Türkiye'nin en iyi haber sitesi
HASAN BÜLENT KAHRAMAN

New York'ta erken bahar

New York'a bahar İstanbul'a geldiği gibi gelir. Yani öyle Paris'te olduğu gibi mevsimin adı bahar kendisi kış olmaz. Bahar burada da güneşin ve doğanın cömertliğidir. Bir anda ışık, güneş ve coşku dolar içeri. İnsanlar da İstanbulluların tepkisini gösterir. Kendilerini dışarı atarlar. Pazar günü hiç beklemediğim şekilde bir dakika bile gecikmemiş THY uçağından buranın saatiyle öğleden sonra ikide çıkıp, artık çeyrek yüzyılı bile aşmış NY maceramda ilk defa pasaport gişelerinin önündeki birinci kişi olunca saat üç gibi de otel odasındaydım.
Sonrası, NY... Pazar sokaklarının bazıları boştu ama dayımla gittiğim gözde lokantamda o kadınlara kur yapma marifetleriyle şef kızları ikna etmeseydi masa için bir buçuk saat beklemek gerekecekti.
Eskiden de o günün şartlarında öyleydi demenin bir âlemi yok. Çünkü hiçbir çağ teknolojinin bugünkü olanaklarını nispi olarak bile sunamıyordu insana. Bu hız demek en azından. Geçen yıl Oscar törenini Los Angeles'te otel odasında, hayatta beni o ölçüde heyecanlandıran tek şey olan başarı duygusunu Hollywood artistlerinin aldığı ödüllerle yaşarken aynı şeyi bu defa NY'de bir otel odasında izlemek insana garip çağrışımlar yüklüyor. Hayat dediğimiz şey nedir ki, son kertede?..
Dün 8 Mart'tı ve ben Akademi ödüllerini, onun arifesi 7 Mart'ta izliyordum. Ne yalan söyleyeyim gönlümden de Kathryn Bigelow'un kazanması geçiyordu. Hem bir kadın ilk kez ödülü alsın hem de ona tanıklık etmiş olayım diyordum. Üstelik en iyi kadın oyuncu ödülünü alan (hak ettiğinden emin olamadığım) Sandra Bullock'la da ancak Varlık dergisinde yayınladığım güncelerimde anlatabileceğim bir başka anım vardı.
Öyle de oldu.
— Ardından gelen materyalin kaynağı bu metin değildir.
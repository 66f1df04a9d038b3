-- ===== src/Tests/Releases.antt =====
-- The release theorems on a milestone of 100 at a commission of 10 %.
use freelancing_platform.Prelude.{
  ◌≡◌, ◌≢◌, ◌↔◌, refl, true, some, ◌∷◌, ◌<◌, ◌≤◌, ◌*◌, ◌+◌, ℕ, arith,
}
use freelancing_platform.Prelude.Int.{pos}
use freelancing_platform.Database.Rows.Contract.{released, approved, same_status}
use freelancing_platform.Database.Rows.Payment.{MilestoneEscrow, financial_body}
use freelancing_platform.Database.Environment.{ok}
use freelancing_platform.Ledger.{new_account}
use freelancing_platform.Ledger.Journal.{IsAccepted}
use freelancing_platform.Payments.Queries.{Answer}
use freelancing_platform.Payments.Capture.{escrow_identity}
use freelancing_platform.Payments.Release.{
  ReleaseAccounts, commission, release_postings, wallet_identity, platform_identity, book_release,
  release_approved,
}
use freelancing_platform.Payments.Release.Split.{commission_bounds, release-IsAccepted_iff}
use freelancing_platform.Payments.Release.Guards.{
  IsReleased, release_approved-IsPaid, full_commission_blocks,
}
use freelancing_platform.Payments.Release.Progress.{HasReleased, release_goes_through}
use freelancing_platform.Database.Tables.{Db}
use freelancing_platform.Tests.Opened.{services_run}
use freelancing_platform.Tests.Fixtures.{
  demo_env, demo_contract, demo_milestone, approved_milestone, approved_db, open_key, session_at,
}

abbrev pub released_answer : Answer
released_answer = (financial_body 3 released (pos 100) 9 (pos 0) (some 1000), 200)

release_approved-IsPaid_example :
    (same_status approved_milestone.status approved ≡ true)
    × IsReleased approved_milestone demo_contract approved_db
        (release_approved demo_env open_key approved_milestone demo_contract 10
          (session_at approved_db)).1.saved
unfolding services_run
release_approved-IsPaid_example =
    release_approved-IsPaid demo_env open_key approved_milestone demo_contract 10
      (session_at approved_db) released_answer refl refl

commission_bounds_example :
    (fee : ℕ) × (commission (pos 105) 1000 ≡ pos fee)
    × (fee * 10000 ≤ 105 * 1000)
    × (105 * 1000 < fee * 10000 + 10000)
    × (fee ≤ 105)
commission_bounds_example = commission_bounds 105 1000 (omega arith)

abbrev demo_accounts : ReleaseAccounts
demo_accounts = record {
  escrow = new_account (escrow_identity demo_milestone) 1;
  wallet = new_account (wallet_identity 20 9) 2;
  platform = new_account (platform_identity 9) 3;
}

release-IsAccepted_iff_example :
    IsAccepted 9 (release_postings demo_accounts (pos 100) (commission (pos 100) 10000))
    ↔ ((0 < 100) × (10000 < 10000))
release-IsAccepted_iff_example =
    release-IsAccepted_iff 9 demo_accounts 100 10000 (refl, refl, refl) (omega arith)

abbrev full_commission : MilestoneEscrow
full_commission = record {
  id = 4;
  milestone_id = 3;
  escrow_account_id = 1003;
  commission_bps = 10000;
}

full_commission_blocks_example :
    (book_release demo_env open_key approved_milestone demo_contract full_commission
      demo_accounts.escrow 10
      (session_at approved_db)).0
    ≢ ok released_answer
full_commission_blocks_example =
    full_commission_blocks demo_env open_key approved_milestone demo_contract 10
      (session_at approved_db) released_answer full_commission demo_accounts.escrow 100 refl refl

abbrev releasable_db : Db
releasable_db = record approved_db {
  ledger_accounts = demo_accounts.wallet ∷ demo_accounts.platform ∷ approved_db.ledger_accounts;
}

abbrev demo_escrow : MilestoneEscrow
demo_escrow = record {
  id = 1004;
  milestone_id = 3;
  escrow_account_id = 1003;
  commission_bps = 1000;
}

abbrev releasable_accounts : ReleaseAccounts
releasable_accounts = record demo_accounts {
  escrow = new_account (escrow_identity demo_milestone) 1003;
}

release_goes_through_example :
    HasReleased approved_milestone (
      release_approved demo_env open_key approved_milestone demo_contract 10
        (session_at releasable_db))
    × IsReleased approved_milestone demo_contract releasable_db
        (release_approved demo_env open_key approved_milestone demo_contract 10
          (session_at releasable_db)).1.saved
unfolding services_run
release_goes_through_example =
    release_goes_through demo_env open_key approved_milestone demo_contract 100 demo_escrow
      releasable_accounts 10 (session_at releasable_db)
      (record {
        is_approved = refl;
        row = refl;
        unposted = refl;
        amount = refl;
        positive = omega arith;
        has_escrow = record { escrow = refl; account = refl };
        full = refl;
        wallet = record { found = refl; identity = refl };
        platform = record { found = refl; identity = refl };
        one_currency = (refl, refl, refl);
        commission = omega arith;
      })
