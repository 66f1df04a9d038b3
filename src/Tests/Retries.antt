-- ===== src/Tests/Retries.antt =====
-- A release that is asked for twice, and a webhook that is delivered twice.
use freelancing_platform.Prelude.{◌≡◌, refl, inl, inr, arith, some, [], ◌∷◌}
use freelancing_platform.Prelude.Int.{pos}
use freelancing_platform.Database.Rows.Payment.{duplicate_body, ProviderEvent, payment_captured}
use freelancing_platform.Database.Tables.{Db}
use freelancing_platform.Database.Environment.{ok, VerifiedWebhook, json_string, json_int}
use freelancing_platform.Payments.Webhook.{process_provider_webhook}
use freelancing_platform.Payments.Webhook.Redelivery.{redelivery_writes_nothing}
use freelancing_platform.Database.Session.{Session}
use freelancing_platform.Payments.Release.{released_by, release_milestone}
use freelancing_platform.Tests.Opened.{services_run}
use freelancing_platform.Tests.Fixtures.{
  approved_db, approved_milestone, demo_provider, demo_env, demo_db, session_at,
}

-- A later session: the records are those that the first release leaves, and the milestone is released.
abbrev later_session : Session
later_session = session_at (record demo_db {
  milestones = released_by 10 approved_milestone ∷ [];
  idempotency_keys =
      (release_milestone demo_env 10 3 5 (session_at approved_db)).1.live.idempotency_keys;
})

abbrev demo_webhook : VerifiedWebhook
demo_webhook = record {
  external_event_id = 70;
  event_type = payment_captured;
  provider_reference = json_string 50;
  amount_minor = json_int (pos 100);
  currency = json_string 9;
}

abbrev demo_event : ProviderEvent
demo_event = record {
  id = 1002;
  provider = 1;
  external_event_id = 70;
  event_type = payment_captured;
  payload_hash = 8;
  processed_at = some 100;
}

-- Another provider has an event under the same id.
abbrev foreign_event : ProviderEvent
foreign_event = record demo_event { id = 1003; provider = 2; payload_hash = 9 }

abbrev known_db : Db
known_db = record demo_db { provider_events = foreign_event ∷ demo_event ∷ [] }

redelivery_writes_nothing_example :
    process_provider_webhook demo_env 1 8 0 (session_at known_db)
    ≡ (ok (duplicate_body 70, 200), session_at known_db)
unfolding services_run
redelivery_writes_nothing_example =
    redelivery_writes_nothing demo_env 1 8 0 demo_provider demo_webhook demo_event
      (session_at known_db)
      (record {
        provider_found = refl;
        verified = refl;
        of_provider = refl;
        of_event = refl;
        stored = inr (inl refl);
        unique = ((λ p q. ground arith), ((λ p q. refl), tt));
      })
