-- ===== src/Tests/Steps.antt =====
-- The milestone theorems on a start, and on the shortest life that ends in a release.
use freelancing_platform.Prelude.{refl, ◌⊎◌, ◌≡◌, none}
use freelancing_platform.Prelude.Int.{pos}
use freelancing_platform.Database.Tables.{Db}
use freelancing_platform.Database.Environment.{ok}
use freelancing_platform.Payments.Release.{release_approved}
use freelancing_platform.Database.Rows.Contract.{
  Contract, Milestone, created, funded, in_progress, submitted, disputed, approved, released,
}
use freelancing_platform.Milestones.{start, submit, approve, moved_by, take_step, transition}
use freelancing_platform.Milestones.Steps.{Releasing, user_step, capture_step, release_step}
use freelancing_platform.Milestones.Lifecycle.{History, done, step, Visits, released_was_earned}
use freelancing_platform.Milestones.Moved.{MayMove, IsTaken, transition_returned}
use freelancing_platform.Tests.Opened.{services_run}
use freelancing_platform.Tests.Fixtures.{
  demo_env, demo_contract, demo_milestone, funded_milestone, submitted_milestone,
  approved_milestone, funded_db, approved_db, open_key, session_at, work,
}
use freelancing_platform.Tests.Releases.{released_answer}

transition_returned_example :
    (m : Milestone) × (c : Contract) × MayMove start 20 3 m c (session_at funded_db)
    × IsTaken demo_env start 20
        (session_at funded_db)
        m
        (transition demo_env start 20 3 (session_at funded_db))
unfolding services_run
transition_returned_example =
    transition_returned demo_env start 20 3 (session_at funded_db)
      (moved_by 20 start funded_milestone) refl

-- The steps of a milestone of the fixtures, each from the rows that the one before it has left.
abbrev started_milestone : Milestone
started_milestone = moved_by 20 start funded_milestone

abbrev started_db : Db
started_db = work start 20 funded_db

abbrev submitted_db : Db
submitted_db = work submit 20 started_db

start_returns :
    (take_step demo_env start 20 funded_milestone (session_at funded_db)).0 ≡ ok started_milestone
unfolding services_run
start_returns = refl

submit_returns :
    (take_step demo_env submit 20 started_milestone (session_at started_db)).0
    ≡ ok submitted_milestone
unfolding services_run
submit_returns = refl

approve_returns :
    (take_step demo_env approve 10 submitted_milestone (session_at submitted_db)).0
    ≡ ok approved_milestone
unfolding services_run
approve_returns = refl

abbrev demo_releasing : Releasing
demo_releasing = record {
  env = demo_env;
  key = open_key;
  milestone = approved_milestone;
  contract = demo_contract;
  user = 10;
  session = session_at approved_db;
}

release_returns :
    (release_approved demo_env open_key approved_milestone demo_contract 10
      (session_at approved_db)).0
    ≡ ok released_answer
unfolding services_run
release_returns = refl

abbrev short_life : History created released
short_life =
    step created funded released
      (capture_step created funded demo_milestone none (pos 100) refl refl)
      (step funded in_progress released
        (user_step funded in_progress demo_env start 20 funded_milestone started_milestone
          (session_at funded_db) refl refl start_returns)
        (step in_progress submitted released
          (user_step in_progress submitted demo_env submit 20 started_milestone submitted_milestone
            (session_at started_db) refl refl submit_returns)
          (step submitted approved released
            (user_step submitted approved demo_env approve 10 submitted_milestone approved_milestone
              (session_at submitted_db) refl refl approve_returns)
            (step approved released released
              (release_step approved released demo_releasing released_answer refl refl
                release_returns)
              (done released)))))

released_was_earned_example :
    Visits funded created released short_life
    × (Visits disputed created released short_life
        ⊎ (Visits submitted created released short_life
            × Visits approved created released short_life))
released_was_earned_example = released_was_earned short_life
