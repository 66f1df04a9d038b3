-- ===== src/Tests/Withdrawals.antt =====
-- The payout theorems: 40 of a wallet with 90, and given back when the provider fails.
use freelancing_platform.Prelude.{◌≡◌, refl, none, some, [], ◌∷◌}
use freelancing_platform.Prelude.Int.{pos}
use freelancing_platform.Database.Rows.Ledger.{
  LedgerAccount, JournalTransaction, milestone_release, ref_milestone, payout, ref_payout,
}
use freelancing_platform.Database.Rows.Payment.{payout_failed_body}
use freelancing_platform.Database.Rows.Payout.{Payout}
use freelancing_platform.Database.Tables.{Db}
use freelancing_platform.Ledger.{new_account, entries_of}
use freelancing_platform.Ledger.Transfer.{transfer}
use freelancing_platform.Payments.Capture.{clearing_identity, escrow_identity}
use freelancing_platform.Payments.Release.{wallet_identity}
use freelancing_platform.Payouts.{PayoutOrder, new_payout, wallet_in, reserve_payout}
use freelancing_platform.Payouts.Settle.{restore_wallet}
use freelancing_platform.Payouts.Reserved.{IsTakenOut, reserve_payout-IsTakenOut}
use freelancing_platform.Payouts.Restored.{
  IsGivenBack, payout_wallet_in, payout_clearing_in, restore_wallet-IsGivenBack,
}
use freelancing_platform.Tests.Opened.{services_run}
use freelancing_platform.Tests.Fixtures.{demo_env, demo_milestone, demo_db, open_key, session_at}

abbrev wallet : LedgerAccount
wallet = new_account (wallet_identity 20 9) 1007

abbrev clearing : LedgerAccount
clearing = new_account (clearing_identity 1 9) 1005

abbrev earned : JournalTransaction
earned = record {
  id = 1009;
  operation = milestone_release;
  reference_type = ref_milestone;
  reference_id = 3;
  reversal_of_id = none;
  entries =
      entries_of 9 (transfer (new_account (escrow_identity demo_milestone) 1003) wallet (pos 90));
}

abbrev earned_db : Db
earned_db = record demo_db {
  ledger_accounts = wallet ∷ clearing ∷ [];
  journal_transactions = earned ∷ [];
  next_id = 1010;
}

abbrev demo_order : PayoutOrder
demo_order = record { user = 20; amount = pos 40; currency = 9; provider_name = 1 }

abbrev taken : JournalTransaction
taken = record {
  id = 1011;
  operation = payout;
  reference_type = ref_payout;
  reference_id = 1010;
  reversal_of_id = none;
  entries = entries_of 9 (transfer wallet clearing (pos 40));
}

abbrev demo_payout : Payout
demo_payout = new_payout 1010 demo_order 20 open_key taken

reserve_payout-IsTakenOut_example :
    (w : LedgerAccount) × (c : LedgerAccount) × (wallet_in 20 9 earned_db ≡ some w)
    × IsTakenOut demo_order w c earned_db
        (reserve_payout demo_env open_key demo_order (session_at earned_db)).1.saved
unfolding services_run
reserve_payout-IsTakenOut_example =
    reserve_payout-IsTakenOut demo_env open_key demo_order (session_at earned_db) demo_payout refl
      (λ id h. refl)

abbrev paying_db : Db
paying_db = record earned_db {
  journal_transactions = taken ∷ earned ∷ [];
  payouts = demo_payout ∷ [];
  idempotency_keys = open_key ∷ [];
  next_id = 1012;
}

restore_wallet-IsGivenBack_example :
    (w : LedgerAccount) × (c : LedgerAccount) × (payout_wallet_in demo_payout paying_db ≡ some w)
    × (payout_clearing_in demo_payout paying_db ≡ some c)
    × IsGivenBack demo_payout w c paying_db
        (restore_wallet demo_env demo_payout 20 (session_at paying_db)).1.saved
unfolding services_run
restore_wallet-IsGivenBack_example =
    restore_wallet-IsGivenBack demo_env demo_payout 20 (session_at paying_db)
      (payout_failed_body 1010, 502) refl refl
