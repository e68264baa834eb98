-- ===== src/Marshal/Manager/Typed.antt =====
-- IMarshalManager::marshal and IMarshalManager::demarshal of src/etwork/marshal.h, the templates that
-- look up the marshaller of their argument's type. The type is given by its name.
use etwork.Common.{
  [], ◌∷◌, ◌^◌, sym, subst, ℕ, suc, ◌+◌, ◌-◌, ◌<◌, ◌≤◌, Bool, true, not, Option, none, some, List,
  ◌≡◌, refl, arith, length, ◌==◌, All,
}
use etwork.Common.Map.{less_string, find, erase, find-insert, less_string_irreflexive}
use etwork.Block.{Block, IsBlock, seek}
use etwork.Marshal.{Result, ok, err, ◌>>=◌, bad_object}
use etwork.Marshal.Interface.{Memory, IMarshaller, Carries}
use etwork.Marshal.Members.Carried.{carried_round_trip, AllCarried, type_object-Carries}
use etwork.Marshal.Members.{MemberDesc, TypeMarshal, type_object}
use etwork.Marshal.Manager.Announced.{resolve_members-AllCarried}
use etwork.Marshal.Manager.{
  MarshalManager, Declared, Sizes, count_member, find_marshaller, resolve_members, round_up,
  resolve_type, resolve_entry, store_marshaller, found_or_taken, marshaller,
}

-- m->marshal( &src, o ) != 0, where m is what was found; it is not tested for 0.
unfoldable pub marshal_with :
    Memory
    → ℕ
    → Block
    → MarshalManager × Option IMarshaller
    → Result (MarshalManager × Block × Bool)
marshal_with mem src o (mgr, none) = err bad_object
marshal_with mem src o (mgr, some m) = m.marshal mem src o >>= λ r. ok (mgr, r.0, not (r.1 == 0))

unfoldable pub marshal_typed :
    ℕ → MarshalManager → List ℕ → Memory → ℕ → Block → Result (MarshalManager × Block × Bool)
marshal_typed fuel mgr type mem src o = marshaller fuel mgr type >>= marshal_with mem src o

unfoldable pub demarshal_with :
    Memory
    → ℕ
    → Block
    → MarshalManager × Option IMarshaller
    → Result (MarshalManager × Block × Memory × Bool)
demarshal_with mem dst o (mgr, none) = err bad_object
demarshal_with mem dst o (mgr, some m) =
    m.demarshal o mem dst >>= λ r. ok (mgr, r.0, r.1, not (r.2 == 0))

unfoldable pub demarshal_typed :
    ℕ
    → MarshalManager
    → List ℕ
    → Memory
    → ℕ
    → Block
    → Result (MarshalManager × Block × Memory × Bool)
demarshal_typed fuel mgr type mem dst o = marshaller fuel mgr type >>= demarshal_with mem dst o

some_bytes : (n : ℕ) → 0 < n → not (n == 0) ≡ true
some_bytes n h = ground arith

-- Members, and the same with the marshallers that resolve finds for them: their own, or what is
-- known under the name of their type.
pub data Named (known : List (List ℕ × IMarshaller))
    : List MemberDesc → List MemberDesc → Type 0 where
  no_names : Named known [] []
  has_own :
      {md : MemberDesc} {mds mds' : List MemberDesc} {m : IMarshaller}
      → md.marshaller ≡ some m
      → Named known mds mds'
      → Named known (md ∷ mds) (record md { marshaller = some m } ∷ mds')
  by_name :
      {md : MemberDesc} {mds mds' : List MemberDesc} {m : IMarshaller}
      → md.marshaller ≡ none
      → find less_string md.type known ≡ some m
      → Named known mds mds'
      → Named known (md ∷ mds) (record md { marshaller = some m } ∷ mds')

resolve_members-Named :
    (fuel : ℕ) (mgr : MarshalManager) (s : Sizes) {mds mds' : List MemberDesc}
    → Named mgr.string_marshallers mds mds'
    → resolve_members (marshaller (suc fuel)) mgr mds s
      ≡ resolve_members (marshaller (suc fuel)) mgr mds' s
unfolding resolve_members find_marshaller marshaller found_or_taken
resolve_members-Named fuel mgr s no_names = refl
resolve_members-Named fuel mgr s (has_own {md} {m} own rest) =
    rw (own, resolve_members-Named fuel mgr (count_member s md.offset m) rest) refl
resolve_members-Named fuel mgr s (by_name {md} {m} none_yet found rest) =
    rw (none_yet, found, resolve_members-Named fuel mgr (count_member s md.offset m) rest) refl

-- The first use of a declared type resolves it.
resolve_type-Named :
    (fuel : ℕ) (mgr : MarshalManager) (t : TypeMarshal) (mem : Memory) (src : ℕ)
    {mds : List MemberDesc} {fields bytes : List ℕ} {max : ℕ}
    → Named mgr.string_marshallers t.descs.items mds
    → AllCarried mem src mds fields bytes max
    → max < 2 ^ 32
    → (t' : TypeMarshal) × (resolve_type (marshaller (suc fuel)) mgr t ≡ ok (mgr, t'))
      × (t'.descs.items ≡ mds)
      × (t'.max_marshalled_size ≡ max)
unfolding resolve_type
resolve_type-Named fuel mgr t mem src {mds} named carried small =
    let start : Sizes = record { m_size = 0; mem_size = 0; max_mem_size = 0 } in
    let (s, r, e) =
      resolve_members-AllCarried (marshaller (suc fuel)) mgr mem src start carried (omega arith) in
    let t' : TypeMarshal = record t {
      descs = record t.descs { items = mds };
      instance_size = round_up s.mem_size s.max_mem_size;
      max_marshalled_size = s.m_size;
    } in
    (t', rw (resolve_members-Named fuel mgr start named, r) refl, refl, omega (arith, e))

-- An object of a type that is declared but not yet resolved, whose members have their marshallers or
-- the names of types that are known, and are carried by those: its first marshal through the manager
-- resolves the type and keeps it, so that demarshal through the manager that this leaves, from the
-- same place, finds it. In a well-formed block with room for the sum of what the members announce,
-- which is below 2^32, both succeed, and each field is at its offset from the address that was given.
pub marshal_typed_round_trip :
    (fuel : ℕ) (mgr : MarshalManager) (type : List ℕ) (d : Declared) (mds : List MemberDesc)
    (mem : Memory) (src : ℕ) (fields bytes : List ℕ) (max : ℕ) (o : Block) (to : Memory) (dst : ℕ)
    → find less_string type mgr.string_marshallers ≡ none
    → find less_string type mgr.to_resolve ≡ some d
    → Named mgr.string_marshallers d.description.descs.items mds
    → AllCarried mem src mds fields bytes max
    → 0 < length bytes
    → max < 2 ^ 32
    → IsBlock o
    → max ≤ o.size - o.pos
    → (mgr' : MarshalManager) × (o' : Block) × (to' : Memory) × (e : Bool) × (marshal_typed
          (suc (suc fuel))
          mgr
          type
          mem
          src
          o
        ≡ ok (mgr', o', true))
      × (demarshal_typed (suc (suc fuel)) mgr' type to dst (seek o' o.pos)
          ≡ ok (mgr', record o' { at_eof = e }, to', true))
      × All (λ f. to' (dst + f) ≡ mem (src + f)) fields
unfolding marshal_typed demarshal_typed marshal_with demarshal_with marshaller found_or_taken
    resolve_entry store_marshaller
marshal_typed_round_trip fuel mgr type d mds mem src fields bytes max o to dst new declared named
      carried least small block room =
    let taken : MarshalManager = record mgr {
      to_resolve = erase less_string type mgr.to_resolve;
    } in
    let (t, resolved, items, announced) =
      resolve_type-Named fuel taken d.description mem src named carried small in
    let m = type_object d.construct t in
    let c : Carries m mem src fields bytes =
      type_object-Carries d.construct t mem src fields bytes max
        (subst (λ x. AllCarried mem src x fields bytes max) (sym items) carried)
        (omega (arith, announced)) least in
    let size : m.max_marshalled_size ≤ o.size - o.pos =
      unfold type_object in (omega (arith, announced)) in
    let (o', to', e, w, r, _, copied) =
      carried_round_trip m mem src fields bytes o to dst c block size in
    let went = some_bytes (length bytes) least in
    let kept =
      find-insert less_string type m mgr.string_marshallers (less_string_irreflexive type) in
    (
      store_marshaller taken type d.id m,
      o',
      to',
      e,
      rw (new, declared, resolved, w, went) refl,
      rw (kept, r, went) refl,
      copied,
    )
Her defasında tören yapmanın düzeni ve onu geçelim bir ödüle aday olma noktasına kadar gelmiş insana verilen değerin ve önemin alicenaplık görüntüleri karşısında daha da duyarak izlediğim yarışma Hurt Locker'ı ve Bigelow'u ödüllendirdi. Barbara Streisand'ın anonsu zaten noktayı koymuştu: Evet, zamanı geldi... Küçük bütçeli, gösterilecek salon bulmakta zorlanan savaş eleştirisi Hurt Locker'ın niye Avatar'ı alt ettiğini ise ancak önümüzdeki Pazar Eki'nde yer alacak yazımda anlatabilirim.
Neticede ışığı söndürdüğümde İstanbul'da saat sabahın 8'iydi. Ertesi gün cin karanlığında uyanıp en sevdiğim kahveye gidip, memleketteki sabah alışkanlığı simidin yerini tutsun diye iyice kızartılmış susamlı bageli önüme çekip, New York Times'ı açıp, her zaman yaptığım gibi ilk iş imzasız başyazıların olduğu sayfayı bulduğumda aklımda bunlar vardı ama "Türkiye ve Ordu" başlıklı yazı suratımda patladı: Türkiye'den kaçış yok...
Ben 78 kuşağındanım ve öyle kolay kolay bir konuda doğrunun ne olduğunu bulmak veya "haklı çıkmak" için Amerika'nın veya bir başka Batı ülkesinin söylediklerini kabul etmem. Ama ne yapalım ki, makale Türkiye'de yaşananlara doğru bir teşhis koyuyor, son Ermeni soykırımı konusundaki karar tasarısının "yararsızlığı" nı işaret ediyor ama Ankara'ya da akıl satıyordu: siz de şu inkârdan vazgeçin. Yazının son cümlesi ve genel havası ise askerlere ve orduya yeter deyip, süreci övüyor, o arada Erdoğan'a da "otokrat" tavırlardan vazgeçmesini söylüyordu. Bir de sivil anayasa yapın diye buyuruyordu. Makale değil de buna "reçete" veya "talimatname" demek daha doğru olurdu. Dediğim gibi yazının baştan sona her şeyine katılmak başka, yazının doğru olması başka, "o" yazı olması başka.
Gazeteyi okuduğumda sabahın neredeyse körüydü, New York bir kazan gibi fokurdamaya başlamıştı. Kahvenin büyük camından sokağa baktım. NY'de idim ama içimde Türkiye yeniden uğuldamaya başlamıştı. Gazeteyi yanımda oturan epeyce yaşlı ama her yanı geçirdiği estetik operasyonlardan sonra pırıl pırıl parlayan kadıncağıza sunup bu yazıyı yazmaya başladım. Sonrası toplantılar, iş, çalışma. Bahar ve NY. Ha, bir de Türkiye...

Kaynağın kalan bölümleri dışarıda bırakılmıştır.